▶ _Try it_: Look through the records below, and copy out every line that holds the string "whatever".
====
-- ===== src/Placeholder/Renderer/Clean.antt =====
-- `render_placeholder_frame` of src/placeholder/placeholder_renderer.cpp leaves nothing of GDI behind.
use spout_relay.Base.{
  ℕ, ◌/◌, Bool, true, false, not, ◌||◌, ◌==◌, List, [], ◌∷◌, ◌++◌, some, String, if◌then◌else◌, ◌≡◌,
  refl, ◌∙◌, choose,
}
use spout_relay.Common.Types.{FrameBuffer}
use spout_relay.Config.Types.{PlaceholderSettings}
use spout_relay.Placeholder.Color.{parse_hex_color}
use spout_relay.Placeholder.Gdi.{
  Gdi, Call, Rect, DibCanvas, gdi_flush, read_bits, open_canvas, valid, close_canvas, to_wide,
  create_brush, fill_rect, delete_brush, create_dc, create_dib, select_dib, restore_dib, delete_dib,
  delete_dc,
}
use spout_relay.Placeholder.Gdi.Ledger.{
  clean, ready, enter_all, enter_all-append, enter_all-draw_centered_text,
}
use spout_relay.Placeholder.Renderer.{
  max_of, waiting_for, two_texts, background, texts, scene, drawing, render,
}

-- Drawing on the canvas changes nothing but the picture.
abbrev IsNeutral : List Call → Type 0
IsNeutral calls = enter_all calls ready ≡ some ready

IsNeutral-append : (xs ys : List Call) → IsNeutral xs → IsNeutral ys → IsNeutral (xs ++ ys)
IsNeutral-append xs ys hx hy = enter_all-append xs ys ready ready hx ∙ hy

IsNeutral-two_texts :
    (gdi : Gdi) (full : Rect) (message sub : List ℕ) (fg message_font_height sub_font_height : ℕ)
    → IsNeutral (two_texts gdi full message sub fg message_font_height sub_font_height)
unfolding two_texts
IsNeutral-two_texts gdi full message sub fg message_font_height sub_font_height =
    IsNeutral-append _ _
      (enter_all-draw_centered_text gdi 0 (record full { bottom = full.bottom / 2 }) message fg
        message_font_height true)
      (enter_all-draw_centered_text gdi 1 (record full { top = full.bottom / 2 }) sub fg
        sub_font_height false)

IsNeutral-texts :
    (gdi : Gdi) (cfg : PlaceholderSettings) (sender_name : String) (width height : ℕ)
    → IsNeutral (texts gdi cfg sender_name width height)
unfolding texts
IsNeutral-texts gdi cfg sender_name width height =
    choose IsNeutral _
      (λ _.
        IsNeutral-two_texts gdi _ (to_wide gdi cfg.message) (waiting_for ++ to_wide gdi sender_name)
          (parse_hex_color cfg.text_hex) (max_of 16 (height / 12)) (max_of 12 (height / 24)))
      (λ _. enter_all-draw_centered_text gdi 0 _ _ _ _ true)

IsNeutral-background : (gdi : Gdi) (bg : ℕ) (full : Rect) → IsNeutral (background gdi bg full)
unfolding background enter_all if◌then◌else◌
IsNeutral-background gdi bg full = filled gdi.brush
  where
    filled :
        (b : Bool)
        → IsNeutral
            ((if b then create_brush bg ∷ [] else []) ++ (fill_rect b full ∷ delete_brush b ∷ []))
    filled true = refl
    filled false = refl

IsNeutral-scene :
    (gdi : Gdi) (cfg : PlaceholderSettings) (sender_name : String) (width height : ℕ)
    → IsNeutral (scene gdi cfg sender_name width height)
unfolding scene
IsNeutral-scene gdi cfg sender_name width height =
    IsNeutral-append _ (gdi_flush ∷ [])
      (IsNeutral-append _ (texts gdi cfg sender_name width height) (IsNeutral-background gdi _ _)
        (IsNeutral-texts gdi cfg sender_name width height))
      (unfold enter_all in refl)

-- The canvas around some drawing.
around : List Call → DibCanvas × List Call → List Call
around body (canvas, opening) =
    opening ++ (if valid canvas then body else []) ++ close_canvas canvas

abbrev pub IsClean : List Call → Type 0
IsClean calls = enter_all calls clean ≡ some clean

closing-IsClean :
    (bits : Bool) (body : List Call)
    → IsNeutral body
    → enter_all ((if bits then body else []) ++ (restore_dib ∷ delete_dib ∷ delete_dc ∷ [])) ready
      ≡ some clean
unfolding if◌then◌else◌
closing-IsClean true body neutral =
    enter_all-append body _ ready ready neutral ∙ (unfold enter_all in refl)
closing-IsClean false body neutral = unfold enter_all in refl

module _ (body : List Call) (neutral : IsNeutral body) (width height : ℕ) where
  untouched :
      IsClean
        (around body (record { dc = false; bitmap = false; old_bitmap = false; bits = false }, []))
  unfolding around valid close_canvas enter_all if◌then◌else◌
  untouched = refl

  no_dib : IsClean (
      around body
        (record { dc = true; bitmap = false; old_bitmap = false; bits = false }, create_dc ∷ []))
  unfolding around valid close_canvas enter_all if◌then◌else◌
  no_dib = refl

  not_selected : IsClean (
      around body (
        record { dc = true; bitmap = false; old_bitmap = false; bits = false },
        create_dc ∷ create_dib width height ∷ delete_dib ∷ [],
      ))
  unfolding around valid close_canvas enter_all if◌then◌else◌
  not_selected = refl

  selected :
      (bits : Bool)
      → IsClean (
          around body (
            record { dc = true; bitmap = true; old_bitmap = true; bits = bits },
            create_dc ∷ create_dib width height ∷ select_dib ∷ [],
          ))
  unfolding around valid close_canvas enter_all if◌then◌else◌
  selected bits = closing-IsClean bits body neutral

around_open-IsClean :
    (gdi : Gdi) (width height : ℕ) (body : List Call)
    → IsNeutral body
    → IsClean (around body (open_canvas gdi width height))
unfolding open_canvas
around_open-IsClean gdi width height body neutral =
    choose (λ (r : DibCanvas × List Call). IsClean (around body r)) (not gdi.dc)
      (λ _. untouched body neutral width height)
      (λ _.
        choose (λ (r : DibCanvas × List Call). IsClean (around body r)) (not gdi.dib)
          (λ _. no_dib body neutral width height)
          (λ _.
            choose (λ (r : DibCanvas × List Call). IsClean (around body r)) gdi.dib_selected
              (λ _. selected body neutral width height gdi.bits)
              (λ _. not_selected body neutral width height)))

drawing-IsClean :
    (gdi : Gdi) (cfg : PlaceholderSettings) (sender_name : String) (width height : ℕ)
    → IsClean (drawing gdi cfg sender_name width height)
unfolding drawing around
drawing-IsClean gdi cfg sender_name width height =
    around_open-IsClean gdi width height
      (scene gdi cfg sender_name width height ++ (read_bits ∷ []))
      (IsNeutral-append _ (read_bits ∷ []) (IsNeutral-scene gdi cfg sender_name width height)
        (unfold enter_all if◌then◌else◌ in refl))

-- Whatever size is asked for, whatever the settings say and whatever GDI refuses, the calls that render a
-- placeholder frame use and delete each object only while it exists, delete none that is selected, draw
-- only on a canvas that is there, and leave no object behind.
pub render-IsClean :
    (gdi : Gdi) (cfg : PlaceholderSettings) (sender_name : String) (width height : ℕ)
    → IsClean (render gdi cfg sender_name width height).1
unfolding render
render-IsClean gdi cfg sender_name width height =
    choose (λ (r : FrameBuffer × List Call). IsClean r.1) (width == 0 || height == 0)
      (λ _. unfold enter_all in refl)
      (λ _.
        choose (λ (r : FrameBuffer × List Call). IsClean r.1) _ (λ _. unfold enter_all in refl)
          (λ _.
            choose (λ (r : FrameBuffer × List Call). IsClean r.1) _ (λ _. unfold enter_all in refl)
              (λ _. drawing-IsClean gdi cfg sender_name width height)))
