-- ===== src/Placeholder/Renderer/Size.antt =====
-- The size of the frames of src/placeholder/placeholder_renderer.cpp.
use spout_relay.Base.{
  ℕ, zero, suc, ◌*◌, ◌≤◌, true, ◌||◌, ◌==◌, List, [], ◌∷◌, String, Bool, none, ◌≡◌, refl, ap, arith,
  length, choose,
}
use spout_relay.Common.Types.{FrameBuffer}
use spout_relay.Config.Types.{PlaceholderSettings}
use spout_relay.Placeholder.Gdi.{Gdi, Call}
use spout_relay.Placeholder.Renderer.{zeros, to_rgba, pixels_of, render, render_placeholder_frame}

pub length-zeros : (n : ℕ) → length (zeros n) ≡ n
unfolding zeros
length-zeros zero = refl
length-zeros (suc n) = ap suc (length-zeros n)

pub length-to_rgba : (n : ℕ) (bits : List ℕ) → n * 4 ≤ length bits → length (to_rgba n bits) ≡ n * 4
unfolding to_rgba
length-to_rgba zero bits h = refl
length-to_rgba (suc n) [] h = absurd (omega arith)
length-to_rgba (suc n) (b ∷ []) h = absurd (omega arith)
length-to_rgba (suc n) (b ∷ g ∷ []) h = absurd (omega arith)
length-to_rgba (suc n) (b ∷ g ∷ r ∷ []) h = absurd (omega arith)
length-to_rgba (suc n) (b ∷ g ∷ r ∷ a ∷ rest) h = omega (arith, length-to_rgba n rest (omega arith))

-- The canvas has a byte for each channel of each pixel, whatever is drawn.
unfoldable pub Fits : ℕ → Gdi → Type 0
Fits size gdi = (calls : List Call) → size ≤ length (gdi.paint calls)

length-pixels_of :
    (gdi : Gdi) (drawn : Bool) (calls : List Call) (width height : ℕ)
    → Fits (width * height * 4) gdi
    → length (pixels_of gdi drawn calls width height) ≡ width * height * 4
unfolding pixels_of Fits
length-pixels_of gdi drawn calls width height h =
    choose (λ (p : List ℕ). length p ≡ width * height * 4) drawn
      (λ _. length-to_rgba (width * height) (gdi.paint calls) (h calls))
      (λ _. length-zeros (width * height * 4))

-- A frame whose bytes are those of its size, which is within the limits.
pub record IsFrame (f : FrameBuffer) : Type 0 where
  pub bytes : length f.pixels ≡ f.width * f.height * 4
  pub no_texture : f.gpu_texture ≡ none

no_area : (width height : ℕ) → (width == 0 || height == 0) ≡ true → 0 ≡ width * height * 4
no_area zero height e = omega arith
no_area (suc width) zero e = omega arith
no_area (suc width) (suc height) e = ground arith

-- Whatever size is asked for and whatever GDI refuses, the placeholder frame has exactly four bytes for
-- each pixel of the size that it reports, and no texture, given that the canvas has that many bytes.
pub render_placeholder_frame-IsFrame :
    (gdi : Gdi) (cfg : PlaceholderSettings) (sender_name : String) (width height : ℕ)
    → Fits (width * height * 4) gdi
    → IsFrame (render_placeholder_frame gdi cfg sender_name width height)
unfolding render_placeholder_frame render
render_placeholder_frame-IsFrame gdi cfg sender_name width height h =
    choose (λ (r : FrameBuffer × List Call). IsFrame r.0) (width == 0 || height == 0)
      (λ empty. record { bytes = no_area width height empty; no_texture = refl })
      (λ _.
        choose (λ (r : FrameBuffer × List Call). IsFrame r.0) _
          (λ _. record { bytes = refl; no_texture = refl })
          λ _.
            choose (λ (r : FrameBuffer × List Call). IsFrame r.0) _
              (λ _. record { bytes = refl; no_texture = refl })
              (λ _. record { bytes = length-pixels_of gdi _ _ width height h; no_texture = refl }))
====
▶ _Exercise solution_:
-- Whatever size is asked for, whatever the settings say and whatever GDI refuses, the calls that render a
-- The canvas has a byte for each channel of each pixel, whatever is drawn.
-- Whatever size is asked for and whatever GDI refuses, the placeholder frame has exactly four bytes for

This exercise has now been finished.